** TASK BRIEF **
The reply to the records below should contain exactly the lines from the line with "handle = record" through the line with "meanwhile = record", and nothing besides.

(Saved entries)
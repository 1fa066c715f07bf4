-- ===== src/Tests/Fleet.antt =====
-- The worker node and the coordinator on concrete inputs.
use correctness_bench.Common.{
  ℕ, ◌+◌, ◌-◌, ◌%◌, ◌≡◌, refl, true, false, none, some, List, [], ◌∷◌, map, String, arith, lookup,
  insert, u64_mod,
}
use mathlib.Core.List.{reverse}
use mathlib.Core.List.Perm
use correctness_bench.Float.Fixed.{Fixed, fixed_float}
use correctness_bench.Hist.Listed.{Listed, listed_hdr, Listed-IsHdr}
use correctness_bench.Proto.{Assignment, Partial, WorkerInfo}
use correctness_bench.Worker.Spec.{RlAction}
use correctness_bench.Hist.{deserialize_v2}
use correctness_bench.Worker.Ticks.{Bucket}
use correctness_bench.Worker.Ticks.Deltas.{Column}
use correctness_bench.WorkerNode.{UriParser, build_run_spec}
use correctness_bench.WorkerNode.Slices.{Node, Slice, run_slice, close_slice, abort}
use correctness_bench.WorkerNode.Aborts.{abort_overlap}
use correctness_bench.EngineWorker.{accumulate, detect_cliff_rps}
use correctness_bench.EngineWorker.Lowest.{Sorted, IsCliff, detect_cliff_rps-IsCliff}
use correctness_bench.Coordinator.{Worker, RunHandle, CoordinatorState}
use correctness_bench.Coordinator.Dispatch.{DispatchSpec, WorkerSummary, Meanwhile}
use correctness_bench.Coordinator.Aggregate.{aggregate_tick, aggregate_loop, aggregator_start}
use correctness_bench.Coordinator.Aggregate.Sums.{
  entry, bucket_entries, sum_partials, Running, aggregate_tick_sums, aggregate_loop-Running,
}
use correctness_bench.Coordinator.Aggregate.Complete.{aggregate_loop-Second}
use correctness_bench.Coordinator.Aggregate.Merging.{
  payload_len, sum_len, aggregate_tick-payload_len,
}
use correctness_bench.Coordinator.Admin.{observe_buckets, cliff_rps}
use correctness_bench.Coordinator.Admin.Cliff.{
  reported, cliff_rps-detect_cliff_rps, cliff_rps-false,
}

-- every text is a URL, kept as it is
instance abbrev any_url : UriParser String
any_url = record { parse = λ s. some s }

abbrev pub spec : DispatchSpec Fixed
spec = record {
  run_id = "run";
  target_url = "http://target";
  target_method = "post";
  target_rps = 100_000_000;
  duration_s = 10;
  connections = 4;
  keepalive = true;
  timeout_ms = 30_000;
  expected_status = 200 ∷ 204 ∷ [];
  max_latency_us = none;
  min_body_bytes = some 10;
  max_body_bytes = none;
  content_type = none;
  target_headers = [];
  epoch_unix_us = 0;
}

abbrev pub assignment : Assignment Fixed
assignment = record {
  run_id = "run";
  worker_id = "w1";
  contract_version = "1.0.0";
  target = some (record {
    url = "http://target";
    method = 1;
    headers = [];
    body = [];
    timeout_ms = 1000;
    verify_tls = true;
  });
  throughput = 50_000_000;
  catch_up = 100_000_000;
  load_model = 0;
  connections = 4;
  keepalive = true;
  epoch_unix_us = 7;
  duration_s = 10;
  warmup_s = 0;
  asserts = none;
  rate_limit_policy = none;
}

abbrev idle : Node
idle = record { worker_id = "w1"; run_tokens = []; cancelled = []; next_token = 0 }

abbrev slice_of : ℕ → Slice Fixed String
slice_of token = record {
  run_id = "run";
  token = token;
  spec = record {
    url = "http://target";
    method = "POST";
    target_rps = 50_000_000;
    duration_s = 10;
    keepalive = true;
    connections = 4;
    timeout = 1_000_000_000;
    expected_status = [];
    max_latency_us = none;
    min_body_bytes = none;
    max_body_bytes = none;
    content_type = none;
    ramp = false;
    sample_every_n = 0;
    max_sampled_body_bytes = 0;
    rate_limit_action = RlAction.backoff;
    max_backoff_ms = 5000;
    record_onset = true;
  };
}

-- the node while the slice of this token, the latest one, runs
abbrev pub busy : ℕ → Node
busy token = record idle { run_tokens = ("run", token) ∷ []; next_token = token + 1 }

abort_overlap_example : (abort "run" (close_slice (slice_of 0) (busy 1))).0.cancelled ≡ []
unfolding run_slice insert build_run_spec
abort_overlap_example =
    abort_overlap assignment assignment idle (busy 0) (busy 1) (slice_of 0) (slice_of 1) refl refl
      refl

abbrev pub worker_at : ℕ → Worker
worker_at t = record {
  worker_id = "w1";
  address = "localhost:9000";
  contract_version = "1.0.0";
  max_rps = 0;
  registered_at = t;
  last_heartbeat = t;
}

abbrev pub one_worker : CoordinatorState
one_worker = record { workers = ("w1", worker_at 0) ∷ []; runs = []; cancelled = [] }

abbrev pub joining : WorkerInfo
joining = record {
  worker_id = "w2";
  address = "localhost:9001";
  contract_version = "1.0.0";
  max_rps = 0;
}

abbrev pub handle : RunHandle
handle = record { worker_addrs = "localhost:9000" ∷ []; cancel = 4 }

abbrev pub summary_of : ℕ → WorkerSummary Fixed
summary_of n = record {
  finished = true;
  completed = n;
  pass = n;
  fail_status = 0;
  fail_latency = 0;
  fail_size = 0;
  fail_content_type = 0;
  rate_limited = 0;
  first_429_rps = none;
}

abbrev meanwhile : Meanwhile Fixed
meanwhile = record { results = λ a. some (summary_of 3) ∷ []; state = λ s. s }

abbrev pub partial_of : String → ℕ → Partial Fixed
partial_of id n = record {
  worker_id = id;
  tick = 1;
  final = false;
  corrected_hist = 60_000_000 ∷ 5 ∷ 9 ∷ [];
  uncorrected_hist = [];
  buckets =
      record {
        rps_lo = 0;
        rps_hi = 10_000_000;
        total = n;
        pass = n;
        fail_transport = 0;
        fail_status = 0;
        fail_latency = 0;
        fail_size = 0;
        fail_content_type = 0;
        rate_limited = 0;
        timeout = 0;
      }
      ∷ [];
  offered_rps = 0;
  achieved_rps = 2_000_000;
  sched_slip_us = 0;
  client_saturated = false;
  in_flight = 0;
  conn_errors = 0;
  timeouts = 0;
  rate_limit = none;
  bytes_sent = 0;
  bytes_recv = 0;
}

abbrev pair : List (Partial Fixed)
pair = partial_of "w1" 3 ∷ partial_of "w2" 4 ∷ []

abbrev sent : List (String × Partial Fixed)
sent = ("w1", partial_of "w1" 3) ∷ ("w2", partial_of "w2" 4) ∷ []

aggregate_tick_sums_example :
    let t =
      (aggregate_tick Listed 1 pair (record { completed = 0; pass = 0; fail_status = 0 })).0 in
    (entry Column.pass t.this_tick ≡ sum_partials Column.pass pair % u64_mod)
    × (bucket_entries Column.pass t.buckets ≡ entry Column.pass t.this_tick ∷ [])
aggregate_tick_sums_example =
    aggregate_tick_sums Listed Column.pass 1 pair
      (record { completed = 0; pass = 0; fail_status = 0 })

-- a map that gives its values backwards
abbrev backwards : List (String × Partial Fixed) → List (Partial Fixed)
backwards entry = reverse (map (λ (id, p). p) entry)

aggregate_loop-Running_example :
    Running Listed
      (record { completed = 0; pass = 0; fail_status = 0 })
      (aggregate_loop Listed backwards 2 sent aggregator_start)
aggregate_loop-Running_example = aggregate_loop-Running Listed backwards 2 sent

aggregate_loop-Second_example :
    let ticks = aggregate_loop Listed backwards 2 sent aggregator_start in
    (map (λ t. t.elapsed_s) ticks ≡ 1 ∷ [])
    × (map (λ t. entry Column.pass t.this_tick) ticks
        ≡ sum_partials Column.pass pair % u64_mod ∷ [])
unfolding lookup
aggregate_loop-Second_example =
    aggregate_loop-Second Listed backwards Column.pass 2 1 sent
      (Perm.swap (partial_of "w1" 3) (partial_of "w2" 4) [])
      (refl, refl, refl, (refl, refl, refl, tt)) (omega arith) (omega arith)

aggregate_tick-payload_len_example :
    let t =
      (aggregate_tick Listed 1 pair (record { completed = 0; pass = 0; fail_status = 0 })).0 in
    (payload_len Listed t.merged_hist_v2 ≡ sum_len Listed (map (λ p. p.corrected_hist) pair))
    × (payload_len Listed t.merged_uncorrected_hist_v2
        ≡ sum_len Listed (map (λ p. p.uncorrected_hist) pair))
unfolding deserialize_v2
aggregate_tick-payload_len_example =
    aggregate_tick-payload_len Listed-IsHdr 1 pair
      (record { completed = 0; pass = 0; fail_status = 0 }) (omega arith, (omega arith, tt))
      (tt, (tt, tt)) (omega arith) (omega arith)

abbrev bucket : ℕ → ℕ → ℕ → Bucket Fixed
bucket total pass rate_limited = record {
  rps_lo = 40_000_000;
  rps_hi = 50_000_000;
  total = total;
  pass = pass;
  fail_status = total - pass - rate_limited;
  fail_latency = 0;
  fail_size = 0;
  fail_content_type = 0;
  rate_limited = rate_limited;
}

cliff_rps-detect_cliff_rps_example :
    cliff_rps (observe_buckets (map reported (bucket 40 20 0 ∷ bucket 40 40 0 ∷ [])) [])
    ≡ detect_cliff_rps (accumulate (bucket 40 20 0 ∷ bucket 40 40 0 ∷ []) []) 950_000 30
cliff_rps-detect_cliff_rps_example =
    cliff_rps-detect_cliff_rps (bucket 40 20 0 ∷ bucket 40 40 0 ∷ []) (refl, (refl, tt))

cliff_rps-false_example :
    (detect_cliff_rps (accumulate (bucket 100 40 60 ∷ []) []) 950_000 30 ≡ none)
    × (cliff_rps (observe_buckets (reported (bucket 100 40 60) ∷ []) []) ≡ some 45_000_000)
cliff_rps-false_example =
    cliff_rps-false (bucket 100 40 60) (omega arith) refl (omega arith) refl refl

detect_cliff_rps-IsCliff_example :
    let m = accumulate (bucket 40 20 0 ∷ bucket 40 40 0 ∷ []) [] in
    Sorted m × IsCliff 950_000 30 m (detect_cliff_rps m 950_000 30)
detect_cliff_rps-IsCliff_example =
    detect_cliff_rps-IsCliff (bucket 40 20 0 ∷ bucket 40 40 0 ∷ []) 950_000 30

** TASK OUTPUT **
handle = record { worker_addrs = "localhost:9000" ∷ []; cancel = 4 }

abbrev pub summary_of : ℕ → WorkerSummary Fixed
summary_of n = record {
  finished = true;
  completed = n;
  pass = n;
  fail_status = 0;
  fail_latency = 0;
  fail_size = 0;
  fail_content_type = 0;
  rate_limited = 0;
  first_429_rps = none;
}

abbrev meanwhile : Meanwhile Fixed
meanwhile = record { results = λ a. some (summary_of 3) ∷ []; state = λ s. s }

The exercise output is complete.